(Beginning of Extracted entries)

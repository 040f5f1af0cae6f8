-- ===== src/File/Rounds.antt =====
-- One round of getbytes(): a chunk from the front of what is left to read.
use hbackup.Prelude.{
  ℕ, zero, suc, ◌<◌, ◌≤◌, ◌≡◌, refl, sym, ap, ◌∙◌, inl, inr, [], ◌∷◌, ◌++◌, append_assoc, true,
  ◌&&◌, not, length, take, drop, take-append-drop, length-take_le, Bytes, arith, ltb, ◌==◌,
  if◌then◌else◌, Bool-cases,
}
use hbackup.Outcome.{ok}
use hbackup.File.{Device, reading, File, Round, break, got, buffer_size, copy_out, getbytes_round}
use hbackup.File.Read.{IsReader, stream, IsReadable, Filled, fill-Filled}

module _ (V : Device) (R : IsReader V) where
  open R use {content, delivers}

  -- A chunk of at most `max` bytes was taken from the front, and none only at the end.
  pub record Delivered (f : File V) (max : ℕ) (chunk : Bytes) (g : File V) : Type 0 where
    pub readable : IsReadable V R g
    pub is_reading : g.mode ≡ reading
    pub split : stream V R f ≡ chunk ++ stream V R g
    pub small : length chunk ≤ max
    pub at_end : chunk ≡ [] → (stream V R f ≡ []) × (g.eof ≡ true)

  copy_out_direct :
      (max : ℕ) (f : File V) (chunk : Bytes) (d' : V.State)
      → IsReadable V R f
      → f.mode ≡ reading
      → f.buffered ≡ []
      → V.readbytes f.device max ≡ (ok chunk, d')
      → content f.device ≡ chunk ++ content d'
      → length chunk ≤ max
      → (chunk ≡ [] → content f.device ≡ [])
      → (g : File V) × (copy_out V max [] f ≡ (ok (got chunk), g)) × Delivered f max chunk g
  unfolding copy_out
  copy_out_direct max f [] d' v m empty q split small stop =
      let nothing : stream V R f ≡ [] = ap (λ s. s ++ content f.device) empty ∙ stop refl in
      let left : f.buffered ++ content d' ≡ [] =
        ap (λ s. s ++ content d') empty ∙ sym split ∙ stop refl in
      (
        record f { device = d'; eof = true },
        rw q,
        record {
          readable = record {
            not_writing = v.not_writing;
            idle_empty = λ _. empty;
            eof_empty = λ _. left;
          };
          is_reading = m;
          split = nothing ∙ sym left;
          small = small;
          at_end = λ _. (nothing, refl);
        },
      )
  copy_out_direct max f (c ∷ chunk) d' v m empty q split small stop = (
    record f { device = d' },
    rw q,
    record {
      readable = record {
        not_writing = v.not_writing;
        idle_empty = λ _. empty;
        eof_empty = λ e. cc (v.eof_empty e, ap (λ s. s ++ content f.device) empty);
      };
      is_reading = m;
      split =
          ap (λ s. s ++ content f.device) empty
          ∙ split
          ∙ sym (ap (λ s. c ∷ chunk ++ (s ++ content d')) empty);
      small = small;
      at_end = λ e. cc;
    },
  )

  copy_out_buffered :
      (max : ℕ) (f : File V) (c : ℕ) (b : Bytes)
      → IsReadable V R f
      → f.mode ≡ reading
      → f.buffered ≡ c ∷ b
      → (g : File V) × (copy_out V (suc max) (c ∷ b) f ≡ (ok (got (take (suc max) (c ∷ b))), g))
        × Delivered f (suc max) (take (suc max) (c ∷ b)) g
  unfolding copy_out
  copy_out_buffered max f c b v m e = (
    record f { buffered = drop max b },
    refl,
    record {
      readable = record {
        not_writing = v.not_writing;
        idle_empty = λ i. cc (m, i);
        eof_empty = λ q. cc (v.eof_empty q, ap (λ s. s ++ content f.device) e);
      };
      is_reading = m;
      split =
          ap (λ s. s ++ content f.device) (e ∙ sym (take-append-drop (suc max) (c ∷ b)))
          ∙ append_assoc (take (suc max) (c ∷ b)) (drop max b) (content f.device);
      small = length-take_le (suc max) (c ∷ b);
      at_end = λ q. cc;
    },
  )

  copy_out-Delivered :
      (max : ℕ) (f : File V)
      → 0 < max
      → IsReadable V R f
      → f.mode ≡ reading
      → (chunk : Bytes) × (g : File V) × (copy_out V max f.buffered f ≡ (ok (got chunk), g))
        × Delivered f max chunk g
  copy_out-Delivered zero f h v m = absurd (omega arith)
  copy_out-Delivered (suc max) f h v m = go f.buffered refl
    where
      go :
          (b : Bytes)
          → f.buffered ≡ b
          → (chunk : Bytes) × (g : File V) × (copy_out V (suc max) f.buffered f
              ≡ (ok (got chunk), g))
            × Delivered f (suc max) chunk g
      go [] e =
          let (chunk, d', q, split, small, stop) = delivers f.device (suc max) h in
          let (g, p, w) = copy_out_direct (suc max) f chunk d' v m e q split small stop in
          (chunk, g, ap (λ s. copy_out V (suc max) s f) e ∙ p, w)
      go (c ∷ b) e =
          let (g, p, w) = copy_out_buffered max f c b v m e in
          (take (suc max) (c ∷ b), g, ap (λ s. copy_out V (suc max) s f) e ∙ p, w)

  -- What a round leaves.
  abbrev pub RoundOf : File V → ℕ → Round → File V → Type 0
  RoundOf f max break g = (stream V R f ≡ []) × (stream V R g ≡ []) × IsReadable V R g
  RoundOf f max (got chunk) g = Delivered f max chunk g

  after_fill :
      (max : ℕ) (f g : File V) (n : ℕ)
      → 0 < max
      → f.buffered ≡ []
      → Filled V R f n g
      → (o : Round) × (h : File V) × ((if n == 0
            then (ok break, g)
            else copy_out V max g.buffered g)
          ≡ (ok o, h))
        × RoundOf f max o h
  after_fill max f g n h empty w = elim (Bool-cases (n == 0)) [
    | inl e ↦
        let nothing : content f.device ≡ [] = w.at_end (ground arith) in
        (break, g, rw e, (same_stream ∙ nothing, w.kept ∙ nothing, w.readable))
    | inr e ↦
        let (chunk, k, q, d) = copy_out-Delivered max g h w.readable w.is_reading in
        (
          got chunk,
          k,
          rw e q,
          record {
            readable = d.readable;
            is_reading = d.is_reading;
            split = same_stream ∙ sym w.kept ∙ d.split;
            small = d.small;
            at_end = λ e. (same_stream ∙ sym w.kept ∙ (d.at_end e).0, (d.at_end e).1);
          },
        )
  ]
    where
      same_stream : stream V R f ≡ content f.device
      same_stream = ap (λ s. s ++ content f.device) empty

  pub getbytes_round-RoundOf :
      (max : ℕ) (f : File V)
      → 0 < max
      → IsReadable V R f
      → f.mode ≡ reading
      → (o : Round) × (g : File V) × (getbytes_round V max f ≡ (ok o, g)) × RoundOf f max o g
  unfolding getbytes_round
  getbytes_round-RoundOf max f h v m =
      elim (Bool-cases (ltb (length f.buffered) 1 && ltb max buffer_size && not f.eof)) [
        | inl e ↦
            let empty : f.buffered ≡ [] = ground arith in
            let (n, g, q, w) = fill-Filled V R f v empty in
            let (o, k, p, r) = after_fill max f g n h empty w in (o, k, rw (e, q) p, r)
        | inr e ↦ let (chunk, k, q, d) = copy_out-Delivered max f h v m in (got chunk, k, rw e q, d)
      ]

(End of Extracted entries)

All of the material must be written out again without any change.

Written reply —
repository 040f5f1af0cae6f8
-- ===== src/File/Rounds.antt =====
-- One round of getbytes(): a chunk from the front of what is left to read.
use hbackup.Prelude.{
  ℕ, zero, suc, ◌<◌, ◌≤◌, ◌≡◌, refl, sym, ap, ◌∙◌, inl, inr, [], ◌∷◌, ◌++◌, append_assoc, true,
  ◌&&◌, not, length, take, drop, take-append-drop, length-take_le, Bytes, arith, ltb, ◌==◌,
  if◌then◌else◌, Bool-cases,
}
use hbackup.Outcome.{ok}
use hbackup.File.{Device, reading, File, Round, break, got, buffer_size, copy_out, getbytes_round}
use hbackup.File.Read.{IsReader, stream, IsReadable, Filled, fill-Filled}

module _ (V : Device) (R : IsReader V) where
  open R use {content, delivers}

  -- A chunk of at most `max` bytes was taken from the front, and none only at the end.
  pub record Delivered (f : File V) (max : ℕ) (chunk : Bytes) (g : File V) : Type 0 where
    pub readable : IsReadable V R g
    pub is_reading : g.mode ≡ reading
    pub split : stream V R f ≡ chunk ++ stream V R g
    pub small : length chunk ≤ max
    pub at_end : chunk ≡ [] → (stream V R f ≡ []) × (g.eof ≡ true)

  copy_out_direct :
      (max : ℕ) (f : File V) (chunk : Bytes) (d' : V.State)
      → IsReadable V R f
      → f.mode ≡ reading
      → f.buffered ≡ []
      → V.readbytes f.device max ≡ (ok chunk, d')
      → content f.device ≡ chunk ++ content d'
      → length chunk ≤ max
      → (chunk ≡ [] → content f.device ≡ [])
      → (g : File V) × (copy_out V max [] f ≡ (ok (got chunk), g)) × Delivered f max chunk g
  unfolding copy_out
  copy_out_direct max f [] d' v m empty q split small stop =
      let nothing : stream V R f ≡ [] = ap (λ s. s ++ content f.device) empty ∙ stop refl in
      let left : f.buffered ++ content d' ≡ [] =
        ap (λ s. s ++ content d') empty ∙ sym split ∙ stop refl in
      (
        record f { device = d'; eof = true },
        rw q,
        record {
          readable = record {
            not_writing = v.not_writing;
            idle_empty = λ _. empty;
            eof_empty = λ _. left;
          };
          is_reading = m;
          split = nothing ∙ sym left;
          small = small;
          at_end = λ _. (nothing, refl);
        },
      )
  copy_out_direct max f (c ∷ chunk) d' v m empty q split small stop = (
    record f { device = d' },
    rw q,
    record {
      readable = record {
        not_writing = v.not_writing;
        idle_empty = λ _. empty;
        eof_empty = λ e. cc (v.eof_empty e, ap (λ s. s ++ content f.device) empty);
      };
      is_reading = m;
      split =
          ap (λ s. s ++ content f.device) empty
          ∙ split
          ∙ sym (ap (λ s. c ∷ chunk ++ (s ++ content d')) empty);
      small = small;
      at_end = λ e. cc;
    },
  )

  copy_out_buffered :
      (max : ℕ) (f : File V) (c : ℕ) (b : Bytes)
      → IsReadable V R f
      → f.mode ≡ reading
      → f.buffered ≡ c ∷ b
      → (g : File V) × (copy_out V (suc max) (c ∷ b) f ≡ (ok (got (take (suc max) (c ∷ b))), g))
        × Delivered f (suc max) (take (suc max) (c ∷ b)) g
  unfolding copy_out
  copy_out_buffered max f c b v m e = (
    record f { buffered = drop max b },
    refl,
    record {
      readable = record {
        not_writing = v.not_writing;
        idle_empty = λ i. cc (m, i);
        eof_empty = λ q. cc (v.eof_empty q, ap (λ s. s ++ content f.device) e);
      };
      is_reading = m;
      split =
          ap (λ s. s ++ content f.device) (e ∙ sym (take-append-drop (suc max) (c ∷ b)))
          ∙ append_assoc (take (suc max) (c ∷ b)) (drop max b) (content f.device);
      small = length-take_le (suc max) (c ∷ b);
      at_end = λ q. cc;
    },
  )

  copy_out-Delivered :
      (max : ℕ) (f : File V)
      → 0 < max
      → IsReadable V R f
      → f.mode ≡ reading
      → (chunk : Bytes) × (g : File V) × (copy_out V max f.buffered f ≡ (ok (got chunk), g))
        × Delivered f max chunk g
  copy_out-Delivered zero f h v m = absurd (omega arith)
  copy_out-Delivered (suc max) f h v m = go f.buffered refl
    where
      go :
          (b : Bytes)
          → f.buffered ≡ b
          → (chunk : Bytes) × (g : File V) × (copy_out V (suc max) f.buffered f
              ≡ (ok (got chunk), g))
            × Delivered f (suc max) chunk g
      go [] e =
          let (chunk, d', q, split, small, stop) = delivers f.device (suc max) h in
          let (g, p, w) = copy_out_direct (suc max) f chunk d' v m e q split small stop in
          (chunk, g, ap (λ s. copy_out V (suc max) s f) e ∙ p, w)
      go (c ∷ b) e =
          let (g, p, w) = copy_out_buffered max f c b v m e in
          (take (suc max) (c ∷ b), g, ap (λ s. copy_out V (suc max) s f) e ∙ p, w)

  -- What a round leaves.
  abbrev pub RoundOf : File V → ℕ → Round → File V → Type 0
  RoundOf f max break g = (stream V R f ≡ []) × (stream V R g ≡ []) × IsReadable V R g
  RoundOf f max (got chunk) g = Delivered f max chunk g

  after_fill :
      (max : ℕ) (f g : File V) (n : ℕ)
      → 0 < max
      → f.buffered ≡ []
      → Filled V R f n g
      → (o : Round) × (h : File V) × ((if n == 0
            then (ok break, g)
            else copy_out V max g.buffered g)
          ≡ (ok o, h))
        × RoundOf f max o h
  after_fill max f g n h empty w = elim (Bool-cases (n == 0)) [
    | inl e ↦
        let nothing : content f.device ≡ [] = w.at_end (ground arith) in
        (break, g, rw e, (same_stream ∙ nothing, w.kept ∙ nothing, w.readable))
    | inr e ↦
        let (chunk, k, q, d) = copy_out-Delivered max g h w.readable w.is_reading in
        (
          got chunk,
          k,
          rw e q,
          record {
            readable = d.readable;
            is_reading = d.is_reading;
            split = same_stream ∙ sym w.kept ∙ d.split;
            small = d.small;
            at_end = λ e. (same_stream ∙ sym w.kept ∙ (d.at_end e).0, (d.at_end e).1);
          },
        )
  ]
    where
      same_stream : stream V R f ≡ content f.device
      same_stream = ap (λ s. s ++ content f.device) empty

  pub getbytes_round-RoundOf :
      (max : ℕ) (f : File V)
      → 0 < max
      → IsReadable V R f
      → f.mode ≡ reading
      → (o : Round) × (g : File V) × (getbytes_round V max f ≡ (ok o, g)) × RoundOf f max o g
  unfolding getbytes_round
  getbytes_round-RoundOf max f h v m =
      elim (Bool-cases (ltb (length f.buffered) 1 && ltb max buffer_size && not f.eof)) [
        | inl e ↦
            let empty : f.buffered ≡ [] = ground arith in
            let (n, g, q, w) = fill-Filled V R f v empty in
            let (o, k, p, r) = after_fill max f g n h empty w in (o, k, rw (e, q) p, r)
        | inr e ↦ let (chunk, k, q, d) = copy_out-Delivered max f h v m in (got chunk, k, rw e q, d)
      ]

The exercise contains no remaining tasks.